Intervention de Cécile Martinat

Réunion du mercredi 4 septembre 2019 à 9h35
Commission spéciale chargée d'examiner le projet de loi relatif à la bioéthique

Cécile Martinat, présidente de la Société française de recherche sur les cellules souches, directrice de l'I-Stem (Institut des cellules souches pour le traitement et l'étude des maladies monogéniques), directrice de recherche à l'Institut national de la santé et de la recherche médicale (INSERM) :

La compétition internationale existe, nous n'allons pas nous mentir. C'est à nous de voir quelles sont les limites à ne pas franchir. Si je reprends l'exemple des bébés CRISPR qui a été annoncé au cours d'une conférence internationale, le scientifique croyait faire un éclat et montrer toute la pertinence de son travail, mais nous sommes tous intervenus afin de dénoncer cela. Nous appliquons une forme d'auto-régulation, par notre formation et le fait de se demander quelles sont les limites à ne pas dépasser.

Je voudrais revenir sur la distinction juridique entre embryon et cellules souches embryonnaires humaines. Il est vrai que les cellules souches embryonnaires humaines sont porteuses d'espoir en thérapeutique. Maintenant, elles ne sont d'ailleurs plus seulement porteuses, puisque nous arrivons à démontrer qu'elles peuvent vraiment constituer une source de matériel pour des applications thérapeutiques. Leur usage doit tout de même être différencié de la recherche sur l'embryon. Pour nous, ces cellules n'ont plus rien à voir avec un embryon. Nous avons parlé du principe de la dérivation et il faut savoir qu'à partir du moment où nous dérivons une lignée, elle est utilisable pendant un certain temps. Certes, nous continuons et continuerons dans le futur à devoir dériver des lignées, mais les dérivations ne se font pas de façon fréquente. À ma connaissance, en France, depuis cinq ans, il n'y a pas eu de dérivation indépendante d'un diagnostic préimplantatoire. Il ne faut donc pas forcément restreindre l'utilisation de ces cellules.

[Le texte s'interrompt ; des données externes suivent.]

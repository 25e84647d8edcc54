-- ===== src/Polymarket/MarketFeed/Race.antt =====
-- polymarket/core/market_feed.go: an Unsubscribe between the two steps in which `connectLoop`
-- collects the tokens and sends them.
use calculated_tennis.Base.{
  ℕ, ◌≡◌, refl, true, false, some, [], ◌∷◌, ◌++◌, Text, text_eq, is_empty, arith,
}
use calculated_tennis.Polymarket.Subscribers.{
  Subscriber, has_key, entry, keys, drop_subscriber, delete_entry,
}
use calculated_tennis.Polymarket.Subscribers.Entries.{
  Tidy, test_refl, entry-drop_subscriber, has_key-delete_entry,
}
use calculated_tennis.Polymarket.MarketFeed.{
  Decoder, subscribe_frame, unsubscribe_frame, send_subscribe, send_unsubscribe, write, unsubscribe,
}
use calculated_tennis.Polymarket.MarketFeed.Loop.{
  opened, checking, Loop, proceed, sends, own, unsubscribes, run, step, advance, resubscribe,
}
use calculated_tennis.Polymarket.MarketFeed.Coverage.{
  is_wired, is_wired-snoc, is_among, has_key-keys,
}

module _ {D T : Type 0} where
  -- A connection is about to be told its tokens, and one token has a single listener, which is
  -- removed after the tokens are collected and before they are sent. Then, if both writes work, no
  -- listener is left for the token, and the connection stays subscribed to it.
  pub unsubscribe-race :
      (j : Decoder D) (l : Loop D T) (c : ℕ) (token : Text) (s : Subscriber)
      → l.phase ≡ opened c
      → l.world.feed.conn ≡ some c
      → Tidy text_eq l.world.feed.subscribers
      → entry text_eq token l.world.feed.subscribers ≡ s ∷ []
      → (l' : Loop D T) × (run j
            (own proceed ∷ unsubscribes true token s.ch ∷ own (sends true) ∷ [])
            l
          ≡ some l')
        × (l'.phase ≡ checking c)
        × (has_key text_eq token l'.world.feed.subscribers ≡ false)
        × (is_wired c token false l'.world.written ≡ true)
  unfolding run step advance resubscribe send_subscribe send_unsubscribe write unsubscribe Tidy
  unsubscribe-race j l c token s p on tidy one =
      let m = l.world.feed.subscribers in
      let m' = drop_subscriber text_eq token s.ch m in
      let there : is_among token (keys m) ≡ true =
        ground (arith, has_key-keys token m, tidy token) in
      let gone : is_empty (entry text_eq token m') ≡ true =
        ground (arith, entry-drop_subscriber text_eq token token s.ch m, test_refl text_eq token) in
      let some_key : is_empty (keys m) ≡ false = ground (arith, there) in
      let log = l.world.written ++ (c, unsubscribe_frame (token ∷ [])) ∷ [] in
      let last = record l {
        world = record (l.world) {
          feed = record (l.world.feed) { subscribers = delete_entry text_eq token m' };
          written = log ++ (c, subscribe_frame (keys m)) ∷ [];
        };
        phase = checking c;
      } in
      (
        last,
        rw (p, gone, on, some_key),
        refl,
        ground (arith, has_key-delete_entry text_eq token token m', test_refl text_eq token),
        ground (arith, is_wired-snoc c token false log c (subscribe_frame (keys m)), there),
      )
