-- ===== src/Polymarket/MarketFeed/Delivery.antt =====
-- polymarket/core/market_feed.go: what the channels hold after a broadcast.
use mathlib.Core.List.{Permᴰ}
use calculated_tennis.Base.{
  ℕ, ◌+◌, ◌-◌, min, ◌≡◌, refl, sym, ap, ◌∙◌, List, [], ◌∷◌, ◌++◌, Text, text_eq, arith, length,
}
use calculated_tennis.Polymarket.Channels.{Channel, occurrences, repeat, offers-buffer}
use calculated_tennis.Polymarket.Subscribers.{Subscribers, entry, channels_of, all_channels}
use calculated_tennis.Polymarket.Events.{Event, failure}
use calculated_tennis.Polymarket.MarketFeed.{World, broadcast_to, broadcast_error}

occurrences-append :
    (c : ℕ) (xs ys : List ℕ) → occurrences c (xs ++ ys) ≡ occurrences c xs + occurrences c ys
occurrences-append c [] ys = omega arith
occurrences-append c (x ∷ xs) ys = let h = occurrences-append c xs ys in ground arith

-- The number of listeners of a channel does not depend on the order of the map.
occurrences-Permᴰ :
    (c : ℕ) {m m' : Subscribers Text}
    → Permᴰ m m'
    → occurrences c (all_channels m) ≡ occurrences c (all_channels m')
occurrences-Permᴰ c Permᴰ.nil = refl
occurrences-Permᴰ c (Permᴰ.cons {a} {b} {l₁} {l₂} e p) =
    let h = occurrences-Permᴰ c p in
    let x = occurrences-append c (channels_of a.1) (all_channels l₁) in
    let y = occurrences-append c (channels_of b.1) (all_channels l₂) in
    let z = ap (λ q. occurrences c (channels_of q.1)) e in x ∙ omega (arith, h, z) ∙ sym y
occurrences-Permᴰ c (Permᴰ.swap {a} {b} {a'} {b'} {l} e f) =
    let x = occurrences-append c (channels_of a.1) (channels_of b.1 ++ all_channels l) in
    let y = occurrences-append c (channels_of b.1) (all_channels l) in
    let x' = occurrences-append c (channels_of a'.1) (channels_of b'.1 ++ all_channels l) in
    let y' = occurrences-append c (channels_of b'.1) (all_channels l) in
    let p = ap (λ q. occurrences c (channels_of q.1)) e in
    let q = ap (λ q. occurrences c (channels_of q.1)) f in omega (arith, x, y, x', y', p, q)
occurrences-Permᴰ c (Permᴰ.trans p q) = occurrences-Permᴰ c p ∙ occurrences-Permᴰ c q

module _ {D T : Type 0} where
  -- What a channel holds after `n` offers of an event.
  abbrev pub filled : ℕ → Event D T → Channel (Event D T) → List (Event D T)
  filled n e ch = ch.buffer ++ repeat (min n (ch.capacity - length ch.buffer)) e

  -- broadcastError leaves in each channel what it had, and the error once for each of its listeners
  -- as far as there is room, in whatever order the map is visited.
  pub broadcast_error-filled :
      (reason : Text) (w : World D T) (visited : Subscribers Text) (c : ℕ)
      → Permᴰ w.feed.subscribers visited
      → ((broadcast_error reason w).channels c).buffer
        ≡ filled (occurrences c (all_channels visited)) (failure reason) (w.channels c)
  unfolding broadcast_error
  broadcast_error-filled reason w visited c p =
      offers-buffer (all_channels w.feed.subscribers) (failure reason) w.channels c
      ∙ ap (λ n. filled n (failure reason) (w.channels c)) (occurrences-Permᴰ c p)

  -- broadcastTo leaves in each channel what it had, and the event once for each of its listeners of
  -- that token as far as there is room.
  pub broadcast_to-filled :
      (token : Text) (e : Event D T) (w : World D T) (c : ℕ)
      → ((broadcast_to token e w).channels c).buffer
        ≡ filled
            (occurrences c (channels_of (entry text_eq token w.feed.subscribers)))
            e
            (w.channels c)
  unfolding broadcast_to
  broadcast_to-filled token e w c =
      offers-buffer (channels_of (entry text_eq token w.feed.subscribers)) e w.channels c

Je suis moi aussi un peu émue par votre question, parce que vous êtes en train de nous dire que les cellules souches embryonnaires humaines ont un énorme potentiel en thérapeutique ou en application biomédicale et qu'il faut donc tout de suite bien encadrer tout cela. J'ai tendance à me dire qu'il faut peut-être justement faire l'inverse. Nous sommes en train de démontrer qu'elles ont des applications en thérapeutique et que nous sommes vraiment au seuil de nouveaux usages, et il ne faudrait plus être bloqué par rapport à cela. Si je reçois d'un seul coup un arrêt de la cour de Versailles me disant qu'il faut tout arrêter, que vais-je faire ? Nous ne pouvons pas nous permettre d'avoir cette épée de Damoclès en permanence sur notre tête. Il faut vraiment distinguer la recherche sur l'embryon et la recherche fondamentale et biomédicale sur les cellules souches embryonnaires humaines.